Wireless tech saves energy - and makes better mousetrap
Tucked in a dark corner of the Cebit trade show, in Hall 2, lies a mousetrap. Not just any old mousetrap, but a wireless-enabled one.
The trap is a standard live mousetrap, made in China and costing about €10 (US$14), to which Germany company BSC Computer has attached a small wireless transmitter.
Jörg Hoffman hasn't caught any mice with the trap yet, but if he does then the transmitter will warn him that the trap needs inspecting. It doesn't matter how long he has to wait, because there's no battery in it to go flat.
The transmitter uses an extremely low-powered wireless protocol developed by Siemens in the 1990s for building automation, and later spun off into a separate company called EnOcean. Now, through the EnOcean Alliance, the company is trying to get the technology adopted as a standard by the International Electrotechnical Commission (IEC) and has built an ecosystem of 175 companies around it, according to Graham Martin, chairman and CEO of the alliance. Four of them -- EnOcean itself, Murata, IK Elektronik and Vicos -- now make the radio chips at the core of the system, he said.
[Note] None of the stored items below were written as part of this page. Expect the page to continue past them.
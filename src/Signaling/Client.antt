-- ===== src/Signaling/Client.antt =====
-- internal/signaling/client.go and transport.go: the connection and its goroutines. Each event is what
-- one goroutine does under the lock or between two waits.
pub mod Alive
use open_friend_mc.Prelude.{
  ℕ, zero, suc, ◌+◌, ◌-◌, ◌*◌, Bool, true, false, not, ◌&&◌, ◌||◌, List, [], ◌∷◌, Option, none,
  some, String, ltb, ◌==◌, comparable_nat, comparable_string, if◌then◌else◌, Result, ok, err,
}
use Prim.Native.String.{◌++◌ as join}
use open_friend_mc.Prelude.Json.{Json, object, Fields, no_fields, at, text_at}
use open_friend_mc.Api.Client.{second}

abbrev pub initial_backoff : ℕ
initial_backoff = 1 * second

abbrev pub max_backoff : ℕ
max_backoff = 30 * second

-- The goroutines are counted: `attempts` that have to begin, `dialling` ones in `doConnect`, `settling`
-- ones between that and their last lock, `timers` of `scheduleReconnect` and `readers`. A connection
-- is the number of its dial; `refreshes` counts the calls of `RefreshNow`.
pub record Client : Type 0 where
  pub ws : Option ℕ
  pub connecting : Bool
  pub closed : Bool
  pub backoff : ℕ
  pub pinging : Bool
  pub ready : Bool
  pub dialled : ℕ
  pub attempts : ℕ
  pub dialling : ℕ
  pub settling : ℕ
  pub timers : ℕ
  pub readers : ℕ
  pub refreshes : ℕ

unfoldable pub new_client : Client
new_client = record {
  ws = none;
  connecting = false;
  closed = false;
  backoff = initial_backoff;
  pinging = false;
  ready = false;
  dialled = 0;
  attempts = 0;
  dialling = 0;
  settling = 0;
  timers = 0;
  readers = 0;
  refreshes = 0;
}

abbrev pub is_set : Option ℕ → Bool
is_set none = false
is_set (some n) = true

unfoldable pub connect : Client → Client
connect c =
    if c.closed || (is_set c.ws || c.connecting)
    then c
    else record c { connecting = true; attempts = suc c.attempts }

unfoldable pub close : Client → Client
close c = record c { closed = true; ws = none; pinging = false }

abbrev pub doubled : ℕ → ℕ
doubled backoff = if ltb max_backoff (backoff * 2) then max_backoff else backoff * 2

-- `scheduleReconnect`; the flag says that the cause's text has "status=401".
unfoldable pub schedule_reconnect : Bool → Client → Client
schedule_reconnect unauthorised c = if c.closed then c else record c {
  ws = none;
  connecting = true;
  backoff = doubled c.backoff;
  timers = suc c.timers;
  refreshes = if unauthorised then suc c.refreshes else c.refreshes;
}

unfoldable pub handle_close : Bool → Client → Client
unfolding schedule_reconnect
handle_close unauthorised c =
    schedule_reconnect unauthorised (record c { pinging = false; ws = none; ready = false })

-- The end of `doConnect` when the dial went well.
unfoldable pub opened : Client → Client
opened c = record c {
  ws = some c.dialled;
  dialled = suc c.dialled;
  pinging = true;
  ready = true;
  readers = suc c.readers;
  settling = suc c.settling;
}

pub data Event : Type 0 where
  connects closes begins dials settles fires : Event
  dial_fails read_ends : Bool → Event

-- What an event does, where the goroutine that it belongs to is there.
unfoldable pub step : Client → Event → Client
unfolding connect close schedule_reconnect handle_close opened
step c connects = connect c
step c closes = close c
step c begins =
    if c.attempts == 0
    then c
    else (if c.closed
        then record c { attempts = c.attempts - 1 }
        else record c { attempts = c.attempts - 1; dialling = suc c.dialling })
step c dials = if c.dialling == 0 then c else opened (record c { dialling = c.dialling - 1 })
step c (dial_fails unauthorised) =
    if c.dialling == 0
    then c
    else schedule_reconnect unauthorised (record c { dialling = c.dialling - 1 })
step c settles =
    if c.settling == 0
    then c
    else record c { settling = c.settling - 1; backoff = initial_backoff; connecting = false }
step c fires =
    if c.timers == 0 then c else record c { timers = c.timers - 1; attempts = suc c.attempts }
step c (read_ends unauthorised) =
    if c.readers == 0 then c else handle_close unauthorised (record c { readers = c.readers - 1 })

unfoldable pub run : Client → List Event → Client
run c [] = c
run c (e ∷ es) = run (step c e) es

-- The answers to the configuration request.
pub data Configured : Type 0 where
  unanswered : Configured
  configured : ℕ → String → Configured

pub data ConnectError : Type 0 where
  exchange_failed bad_json missing_uri dial_failed : ConnectError
  bad_status : ℕ → String → ConnectError

abbrev as_fields : Option Json → Fields
as_fields (some (object j)) = j
as_fields (some value) = no_fields
as_fields none = no_fields

uri_or_missing : String → Result ConnectError String
uri_or_missing uri = if uri == "" then err missing_uri else ok uri

uri_in : Option Fields → Result ConnectError String
uri_in none = err bad_json
uri_in (some j) = uri_or_missing (text_at "signalingUri" (as_fields (at "result" j)))

uri_of : (String → Option Fields) → Configured → Result ConnectError String
unfolding uri_in uri_or_missing at text_at
uri_of unmarshal unanswered = err exchange_failed
uri_of unmarshal (configured status body) =
    if not (status == 200) then err (bad_status status body) else uri_in (unmarshal body)

abbrev is_unauthorised : Configured → Bool
is_unauthorised unanswered = false
is_unauthorised (configured status body) = status == 401

-- `fetchSignalingURI`, with the number of calls of `RefreshNow`.
unfoldable pub fetch_signaling_uri :
    (String → Option Fields) → Configured → Configured → Result ConnectError String × ℕ
unfolding uri_of
fetch_signaling_uri unmarshal first then_ =
    if is_unauthorised first then (uri_of unmarshal then_, 1) else (uri_of unmarshal first, 0)

dialled_at : Bool → Result ConnectError String → Result ConnectError String
dialled_at dial_ok (err e) = err e
dialled_at dial_ok (ok ws_base) =
    if dial_ok then ok (join ws_base "/ws/v1.0/messaging/connect/java") else err dial_failed

-- `doConnect` up to the dial: the address dialled, where the dial goes well.
unfoldable pub do_connect :
    (String → Option Fields) → Configured → Configured → Bool → Result ConnectError String
unfolding fetch_signaling_uri dialled_at
do_connect unmarshal first then_ dial_ok =
    dialled_at dial_ok (fetch_signaling_uri unmarshal first then_).0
EnOcean's innovation was to harvest energy from the mechanical movement of light switches, swipe card readers and even door handles to power its tiny radio transmitter. Later came solar-powered thermostats, and radiator valves that used the Peltier effect to extract energy from the temperature differential between two surfaces[...]
The advent of EnOcean-to-TCP/IP gateways in late 2008, though, turned the technology into a tool for whole-building control and also brought it to the attention of fans of home automation technology, according to Martin.